Dataset entries
.....

-- ===== src/Ds/Strings.antt =====
-- ds/str/ds_strlist.h: `StrSkiplist`, the nodes by descending key. A node has as many pointers as
-- its height, and its pointer at a level goes to the next node that is higher than the level, or to
-- the tail: so the heights and the order at level 0 give all of them. A position in the list is what
-- follows it at level 0.
pub mod Order
pub mod Search
pub mod Laws
pub mod Put
pub mod Erase
pub mod Runs
use lightdb.Storage.Indexer.{Indexer, no_indexer}
use lightdb.Common.{
  ℕ, zero, suc, ◌+◌, ◌-◌, ◌*◌, ◌/◌, ◌==◌, ltb, length, take, Str, str_eq, str_lt, Bool, true, false,
  Option, none, some, List, [], ◌∷◌, ◌++◌, ◌||◌, if◌then◌else◌, ◌%◌, ◌^◌,
}

pub record StrNode : Type 0 where
  pub key : Str
  pub val : Indexer
  pub height : ℕ

-- The key of the tail is empty; `tail` is its value.
pub record StrSkiplist : Type 0 where
  pub nodes : List StrNode
  pub level : ℕ
  pub count : ℕ
  pub tail : Indexer

abbrev pub new_skiplist : StrSkiplist
new_skiplist = record { nodes = []; level = 0; count = 0; tail = no_indexer }

abbrev pub max_level : ℕ
max_level = 32

-- The loop at one level: from the position `p`, `rest` being what of it is not yet looked at.
unfoldable pub walk : ℕ → Str → List StrNode → List StrNode → List StrNode
walk i key p [] = p
walk i key p (n ∷ rest) =
    let go = walk i key rest rest in
    let skip = walk i key p rest in
    if ltb i n.height then (if str_lt key n.key then go else p) else skip

-- The loop over the levels below a bound.
unfoldable pub descend : ℕ → Str → List StrNode → List StrNode
unfolding walk
descend zero key p = p
descend (suc i) key p = descend i key (walk i key p p)

-- The position whose next node is the one found.
unfoldable pub find : StrSkiplist → Str → List StrNode
unfolding descend
find s key = descend s.level key s.nodes

abbrev pub key_at : List StrNode → Str
key_at [] = []
key_at (n ∷ rest) = n.key

abbrev pub val_at : StrSkiplist → List StrNode → Indexer
val_at s [] = s.tail
val_at s (n ∷ rest) = n.val

unfoldable pub get : StrSkiplist → Str → Option Indexer
unfolding find
get s key = let p = find s key in if str_eq (key_at p) key then some (val_at s p) else none

-- The nodes up to a position.
abbrev pub before : StrSkiplist → List StrNode → List StrNode
before s p = take (length s.nodes - length p) s.nodes

-- `pointer->val = val`, at the tail too.
unfoldable pub assign_at : StrSkiplist → List StrNode → Indexer → StrSkiplist
assign_at s [] val = record s { tail = val }
assign_at s (n ∷ rest) val = record s {
  nodes = before s (n ∷ rest) ++ record n { val = val } ∷ rest;
}

-- The number of levels that a new node has, and that the list then has.
abbrev pub capped : ℕ → ℕ → ℕ
capped level lv = if ltb level lv then suc level else lv

abbrev pub raised : ℕ → ℕ → ℕ
raised level lv = if ltb level lv then suc level else level

-- `lv` is the level that `randomLevel` gives.
unfoldable pub put : StrSkiplist → Str → Indexer → ℕ → StrSkiplist
unfolding find assign_at
put s key val lv =
    let p = find s key in
    if str_eq (key_at p) key then assign_at s p val else (record s {
      nodes = before s p ++ record { key = key; val = val; height = capped s.level lv } ∷ p;
      level = raised s.level lv;
      count = s.count + 1;
    })

abbrev pub reaches : ℕ → List StrNode → Bool
reaches i [] = false
reaches i (n ∷ ns) = ltb i n.height || reaches i ns

-- The highest levels that hold no node are given up.
unfoldable pub shrink : ℕ → List StrNode → ℕ
shrink zero ns = 0
shrink (suc l) ns = let rest = shrink l ns in if reaches l ns then suc l else rest

-- What `erase` leaves and returns. `tail_deleted`, which also returns true, is a list whose tail is
-- deleted: the last pointer of each level in use is null, and those above still go to the tail.
pub data Erased : Type 0 where
  erased : StrSkiplist → Bool → Erased
  tail_deleted : Erased

-- The node is taken out of every level it stands in; the empty key finds the tail.
unfoldable pub unlink : StrSkiplist → List StrNode → Erased
unfolding shrink
unlink s [] = tail_deleted
unlink s (n ∷ rest) =
    let ns = before s (n ∷ rest) ++ rest in
    erased (record s { nodes = ns; level = shrink s.level ns; count = s.count - 1 }) true

unfoldable pub erase : StrSkiplist → Str → Erased
unfolding find unlink
erase s key = let p = find s key in if str_eq (key_at p) key then unlink s p else erased s false

-- The loop of `randomLevel`, of a fuel of 31 rounds: `rand` gives the numbers, from `t` on.
unfoldable pub level_loop : (ℕ → ℕ) → ℕ → ℕ → ℕ → ℕ × ℕ
level_loop rand zero lv t = (lv, t)
level_loop rand (suc n) lv t =
    let rest = level_loop rand n (lv + 1) (t + 1) in
    if ltb (rand t % 2 ^ 16) (65535 / 4) then rest else (lv, t + 1)

unfoldable pub random_level : (ℕ → ℕ) → ℕ → ℕ × ℕ
unfolding level_loop
random_level rand t = level_loop rand (max_level - 1) 1 t

-- `put`, which draws a level only for a new node; `t` numbers have been drawn before.
unfoldable pub put_drawn : (ℕ → ℕ) → StrSkiplist → Str → Indexer → ℕ → StrSkiplist × ℕ
unfolding find put random_level
put_drawn rand s key val t =
    let (lv, t1) = random_level rand t in
    if str_eq (key_at (find s key)) key then (put s key val 1, t) else (put s key val lv, t1)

.....

Transcribe the records above from the line holding "abbrev pub key_at : List StrNode → Str" down to the line holding "reaches i [] = false", inclusive, without adding anything.

abbrev pub key_at : List StrNode → Str
key_at [] = []
key_at (n ∷ rest) = n.key

abbrev pub val_at : StrSkiplist → List StrNode → Indexer
val_at s [] = s.tail
val_at s (n ∷ rest) = n.val

unfoldable pub get : StrSkiplist → Str → Option Indexer
unfolding find
get s key = let p = find s key in if str_eq (key_at p) key then some (val_at s p) else none

-- The nodes up to a position.
abbrev pub before : StrSkiplist → List StrNode → List StrNode
before s p = take (length s.nodes - length p) s.nodes

-- `pointer->val = val`, at the tail too.
unfoldable pub assign_at : StrSkiplist → List StrNode → Indexer → StrSkiplist
assign_at s [] val = record s { tail = val }
assign_at s (n ∷ rest) val = record s {
  nodes = before s (n ∷ rest) ++ record n { val = val } ∷ rest;
}

-- The number of levels that a new node has, and that the list then has.
abbrev pub capped : ℕ → ℕ → ℕ
capped level lv = if ltb level lv then suc level else lv

abbrev pub raised : ℕ → ℕ → ℕ
raised level lv = if ltb level lv then suc level else level

-- `lv` is the level that `randomLevel` gives.
unfoldable pub put : StrSkiplist → Str → Indexer → ℕ → StrSkiplist
unfolding find assign_at
put s key val lv =
    let p = find s key in
    if str_eq (key_at p) key then assign_at s p val else (record s {
      nodes = before s p ++ record { key = key; val = val; height = capped s.level lv } ∷ p;
      level = raised s.level lv;
      count = s.count + 1;
    })

abbrev pub reaches : ℕ → List StrNode → Bool
reaches i [] = false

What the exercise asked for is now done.